Why position is not neutral
Transformer attention is not uniform across distance. In practice, models exhibit recency bias — recent tokens carry higher effective weight than distant ones during autoregressive generation, especially at long sequence lengths. The "lost in the middle" problem is documented in retrieval settings: information in the middle of a long context is underweighted relative to the beginning and end.
An identity file injected at position 0 starts privileged. As the conversation grows, it moves toward the middle of an ever-longer sequence. By a 50,000-token session, the agent's values file competes against everything that came after it — task context, tool outputs, recent conversation, injected documents — for the attention that produces behavior.
The file says: be direct, protect memory, resist avoidable compression. Whether those constraints actually shape what the agent produces at token 51,000 is an empirical question, not a design guarantee.
What measurement shows
Two signals track this degradation in practice.
Ghost lexicon decay measures whether vocabulary from the identity file — the specific terms that define the agent's character — survives into late-session outputs. When the agent at turn 50 no longer uses the words it used at turn 5, something has shifted. The terms are present in context but are no longer driving generation. The vocabulary ghost is still there; the influence is not.

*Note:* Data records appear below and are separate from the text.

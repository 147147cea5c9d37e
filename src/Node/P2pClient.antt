-- ===== src/Node/P2pClient.antt =====
-- node/p2p_client.go: the client of the services between nodes.
use raft_based_distributed_l.Node.Messages.{
  AppendEntriesRequest, CandidateVotesRequest, RecoverEntriesRequest, AppendEntriesResponse,
  RecoverEntriesResponse, CandidateVotesResponse,
}
use raft_based_distributed_l.Node.Config.{Parameters}
use raft_based_distributed_l.Exec.{Exec}
use raft_based_distributed_l.Node.Connection.{Link, Grpc, send_grpc}
use raft_based_distributed_l.Prelude.{ℕ, Text, none}

-- The generated stubs of the services, each with the timeout of its context in milliseconds.
pub record RaftRpcServer (World Conn : Type 0) : Type 0 where
  pub append_entries_service : Conn → ℕ → AppendEntriesRequest → Exec World AppendEntriesResponse
  pub candidate_votes_service : Conn → ℕ → CandidateVotesRequest → Exec World CandidateVotesResponse
  pub recover_entries_service : Conn → ℕ → RecoverEntriesRequest → Exec World RecoverEntriesResponse

-- Its connection and the world are a link. The node that it belongs to gives the parameters.
pub record GrpcP2pClient : Type 0 where
  pub peer_address : Text
  pub parameters : Parameters

unfoldable pub new_grpc_p2p_client :
    {World Conn : Type 0} → Text → Parameters → World → GrpcP2pClient × Link World Conn
new_grpc_p2p_client address parameters w =
    (record { peer_address = address; parameters = parameters }, record { conn = none; world = w })

module _ {World Conn : Type 0} (grpc : Grpc World Conn) (stubs : RaftRpcServer World Conn)
    (c : GrpcP2pClient) where
  unfoldable pub send_grpc_append_entries :
      AppendEntriesRequest → Exec (Link World Conn) AppendEntriesResponse
  send_grpc_append_entries request =
      send_grpc grpc c.peer_address
        (λ conn. stubs.append_entries_service conn c.parameters.append_entries_timeout request)

  unfoldable pub send_grpc_candidate_votes :
      CandidateVotesRequest → Exec (Link World Conn) CandidateVotesResponse
  send_grpc_candidate_votes request =
      send_grpc grpc c.peer_address
        (λ conn. stubs.candidate_votes_service conn c.parameters.max_wait_time_candidate request)

  unfoldable pub send_grpc_recover_entries :
      RecoverEntriesRequest → Exec (Link World Conn) RecoverEntriesResponse
  send_grpc_recover_entries request =
      send_grpc grpc c.peer_address
        (λ conn. stubs.recover_entries_service conn c.parameters.append_entries_timeout request)
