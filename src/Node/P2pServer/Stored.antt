-- ===== src/Node/P2pServer/Stored.antt =====
-- What AppendEntries leaves in the log.
use raft_based_distributed_l.Node.Messages.{AppendEntriesRequest, AppendEntriesResponse}
use raft_based_distributed_l.Storage.LogMemory.Contents.{insert_valid_entry_list-ok}
use raft_based_distributed_l.Node.Context.{NodeContext, trigger_commit_channel}
use raft_based_distributed_l.Util.{uint64_min}
use raft_based_distributed_l.Storage.LogEntry.{LogEntry}
use raft_based_distributed_l.Storage.LogMemory.{insert_valid_entry_list, LogMemory}
use raft_based_distributed_l.Node.State.{Node, become_follower}
use raft_based_distributed_l.Storage.Codec.{Codec}
use raft_based_distributed_l.Node.P2pServer.{
  first_response, is_dead, append_entries_alive, follow_leader, append_entries_service,
  new_log_entries, prev_matches, conflict, advance_commit, is_follower, store_entries,
  accept_entries, refuse_entries, hear_higher, hear_leader,
}
use raft_based_distributed_l.Prelude.{
  ==_iff, ◌==◌, ap, sym, refl, ltb-false→le, ltb→lt, ◌∙◌, arith, ◌≤◌, inr, true, inl, ltb,
  Bool-cases, false, Bool, max, if◌then◌else◌, ℕ, ◌≡◌, List,
}
use raft_based_distributed_l.Exec.{err, Result-cases, ok, Result}

abbrev pub succeeds : Result AppendEntriesResponse → Bool
succeeds (ok response) = response.success
succeeds (err e) = false

-- Hearing from a leader does not touch the log and the commit index.
pub record Heard (request : AppendEntriesRequest) (n n' : Node) : Type 0 where
  pub log : n'.log_entry_in_memory ≡ n.log_entry_in_memory
  pub commit : n'.context.commit_index ≡ n.context.commit_index
  pub term : n'.context.current_term ≡ max n.context.current_term request.term

hear_higher-Heard :
    (now : ℕ) (request : AppendEntriesRequest) (n : Node)
    → Heard request n (hear_higher now request n)
unfolding hear_higher become_follower
hear_higher-Heard now request n = elim (Bool-cases (ltb n.context.current_term request.term)) [
  | inl h ↦
      rw (h, hear_higher) (record { log = refl; commit = refl; term = omega (arith, ltb→lt _ _ h) })
  | inr h ↦
      rw (h, hear_higher)
        (record { log = refl; commit = refl; term = omega (arith, ltb-false→le _ _ h) })
]

hear_leader-Heard :
    (now : ℕ) (request : AppendEntriesRequest) (n n' : Node)
    → Heard request n n'
    → request.term ≡ n'.context.current_term
    → Heard request n (hear_leader now request n')
unfolding hear_leader become_follower
hear_leader-Heard now request n n' h e = elim (Bool-cases (is_follower n'.context.node_state)) [
  | inl f ↦ rw (f, hear_leader) (record { log = h.log; commit = h.commit; term = h.term })
  | inr f ↦ rw (f, hear_leader) (record { log = h.log; commit = h.commit; term = e ∙ h.term })
]

-- The commit index after a request that succeeds.
abbrev pub committed : AppendEntriesRequest → ℕ → LogMemory → ℕ
committed request old lm =
    if ltb old request.commit_entry_index
    then uint64_min request.commit_entry_index lm.maximum_index
    else old

record CommitAdvanced (request : AppendEntriesRequest) (n n' : Node) : Type 0 where
  log : n'.log_entry_in_memory ≡ n.log_entry_in_memory
  term : n'.context.current_term ≡ n.context.current_term
  commit : n'.context.commit_index ≡ committed request n.context.commit_index n.log_entry_in_memory

trigger_commit_channel_kept :
    (nc : NodeContext)
    → ((trigger_commit_channel nc).current_term ≡ nc.current_term)
      × ((trigger_commit_channel nc).commit_index ≡ nc.commit_index)
unfolding trigger_commit_channel
trigger_commit_channel_kept nc = elim (Bool-cases (nc.commit_chan == 0)) [
  | inl h ↦ rw (h, trigger_commit_channel) (refl, refl)
  | inr h ↦ rw (h, trigger_commit_channel) (refl, refl)
]

advance_commit-CommitAdvanced :
    (request : AppendEntriesRequest) (n : Node)
    → CommitAdvanced request n (advance_commit request.commit_entry_index n)
unfolding advance_commit
advance_commit-CommitAdvanced request n =
    let top = uint64_min request.commit_entry_index n.log_entry_in_memory.maximum_index in
    let kept = trigger_commit_channel_kept (record n.context { commit_index = top }) in
    elim (Bool-cases (ltb n.context.commit_index request.commit_entry_index)) [
      | inl h ↦
          rw (h, advance_commit) (record { log = refl; term = kept.0; commit = kept.1 ∙ rw h refl })
      | inr h ↦ rw (h, advance_commit) (record { log = refl; term = refl; commit = rw h refl })
    ]

module _ (codec : Codec) where
  -- A request that succeeds comes in the node's term or a higher one, finds the entry before its own
  -- in the log, and leaves exactly its entries inserted and the commit index advanced. Any other
  -- leaves the log and the commit index.
  pub data Answered (request : AppendEntriesRequest) (n : Node)
      (r : Result AppendEntriesResponse × Node) : Type 0 where
    refused : succeeds r.0 ≡ false → Heard request n r.1 → Answered request n r
    stored :
        (es : List LogEntry)
        → succeeds r.0 ≡ true
        → n.context.current_term ≤ request.term
        → r.1.context.current_term ≡ request.term
        → prev_matches request n.log_entry_in_memory ≡ ok true
        → new_log_entries codec request.entry_list ≡ ok es
        → r.1.log_entry_in_memory ≡ (insert_valid_entry_list es n.log_entry_in_memory).1
        → r.1.context.commit_index
          ≡ committed request n.context.commit_index
              (insert_valid_entry_list es n.log_entry_in_memory).1
        → Answered request n r

  accept_entries-Answered :
      (request : AppendEntriesRequest) (response : AppendEntriesResponse) (n n' : Node)
      → Heard request n n'
      → request.term ≡ n'.context.current_term
      → prev_matches request n.log_entry_in_memory ≡ ok true
      → response.success ≡ false
      → Answered request n (accept_entries codec request response n')
  unfolding accept_entries store_entries advance_commit trigger_commit_channel
  accept_entries-Answered request response n n' h e prev s =
      elim (Result-cases (new_log_entries codec request.entry_list)) [
        | inr (x, q) ↦ rw (q, accept_entries) (refused refl h)
        | inl (es, q) ↦
            let m = record n' {
              log_entry_in_memory = (insert_valid_entry_list es n'.log_entry_in_memory).1;
            } in
            let adv = advance_commit-CommitAdvanced request m in
            let same = ap (λ lm. (insert_valid_entry_list es lm).1) h.log in
            rw
              (
                q,
                insert_valid_entry_list-ok es n'.log_entry_in_memory,
                accept_entries,
                store_entries,
              )
              (stored es refl (omega (arith, h.term)) (adv.term ∙ sym e) prev q (adv.log ∙ same) (
                adv.commit
                ∙ ap (committed request n'.context.commit_index) same
                ∙ ap (λ c. committed request c (insert_valid_entry_list es n.log_entry_in_memory).1)
                    h.commit))
      ]

  refuse_entries-Answered :
      (request : AppendEntriesRequest) (response : AppendEntriesResponse) (n n' : Node)
      → Heard request n n'
      → response.success ≡ false
      → Answered request n (refuse_entries codec request response n')
  unfolding refuse_entries
  refuse_entries-Answered request response n n' h s =
      elim (Result-cases (conflict request n'.log_entry_in_memory)) [
        | inr (x, q) ↦ rw (q, refuse_entries) (refused refl h)
        | inl (c, q) ↦ rw (q, refuse_entries) (refused s h)
      ]

  follow_leader-Answered :
      (now : ℕ) (request : AppendEntriesRequest) (response : AppendEntriesResponse) (n n' : Node)
      → Heard request n n'
      → request.term ≡ n'.context.current_term
      → response.success ≡ false
      → Answered request n (follow_leader codec now request response n')
  unfolding follow_leader
  follow_leader-Answered now request response n n' h e s =
      let t = hear_leader now request n' in
      let heard = hear_leader-Heard now request n n' h e in
      elim (Result-cases (prev_matches request t.log_entry_in_memory)) [
        | inr (x, q) ↦ rw (q, follow_leader) (refused refl heard)
        | inl (true, q) ↦
            rw (q, follow_leader)
              (accept_entries-Answered request response n t heard
                (omega (arith, h.term, heard.term)) (ap (prev_matches request) (sym heard.log) ∙ q)
                s)
        | inl (false, q) ↦
            rw (q, follow_leader) (refuse_entries-Answered request response n t heard s)
      ]

  -- Every answer of AppendEntries of a node that is not dead. A success comes in the term of the
  -- node or a higher one, which becomes its term, and if the log has the previous entry of the
  -- request; then exactly the entries of the request are inserted into the log, and the commit
  -- index is raised to the lesser of the commit index of the request and the last index, if it
  -- was below the former. Without success the log and the commit index stay, and the term is the
  -- greater of the two.
  pub append_entries_service-Answered :
      (now : ℕ) (request : AppendEntriesRequest) (n : Node)
      → is_dead n.context.node_state ≡ false
      → Answered request n (append_entries_service codec now request n)
  unfolding append_entries_service append_entries_alive
  append_entries_service-Answered now request n alive =
      let t = hear_higher now request n in
      let heard = hear_higher-Heard now request n in
      elim (Bool-cases (request.term == t.context.current_term)) [
        | inl h ↦
            rw (alive, h, append_entries_service, append_entries_alive)
              (follow_leader-Answered now request (first_response codec n t) n t heard
                ((==_iff request.term t.context.current_term).0 h) refl)
        | inr h ↦ rw (alive, h, append_entries_service, append_entries_alive) (refused refl heard)
      ]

CCS (Constraint Consistency Score) measures output similarity between early and late session responses to equivalent prompts. A well-anchored agent produces outputs with high cosine similarity across session depth. One that has drifted produces outputs that share less with early-session behavior — measurably, reproducibly, across agents and sessions.
Both signals degrade with context depth. Compaction events make it worse: when a summarization pass compresses early context, the presence guarantee disappears entirely, and both signals drop sharply at the compaction boundary.
The methodology and reference implementation are at doi.org/10.5281/zenodo.19313733.
What to do about it
The naive fix is periodic re-injection: append the identity file to context every N turns. This works, roughly. The problems are precision (you re-inject on schedule, not when the agent actually drifted) and waste (you re-inject even when nothing changed, consuming context budget on turns where the identity file was still effective).
The better fix is event-driven re-injection triggered by compaction events. When the runtime compresses early context, the identity file should be re-injected at that boundary — because that is the exact moment when its presence guarantee broke. Some SDKs expose compaction hooks; most do not yet.
The deepest fix is architectural: critical behavioral constraints should live in non-summarizable anchors re-injected on every turn rather than sitting in rolling context. The overhead is roughly 800 tokens per turn on a 50,000-token window — about 1.6%. For long-running agents where behavioral consistency matters operationally, that is cheap insurance.
The honest position
Identity files work best at the start of a session. That is expected behavior of the architecture, not a failure. Designing as if position 0 means uniform influence throughout a multi-hour session is the failure.
Whether a persistent agent's identity file shapes cognition or just claims to is a question that depends on what is in the active window when it matters. For sessions long enough for this to matter operationally, the answer should be measured, not assumed.
The tools to measure it exist. The question is whether the teams building long-running agents are using them.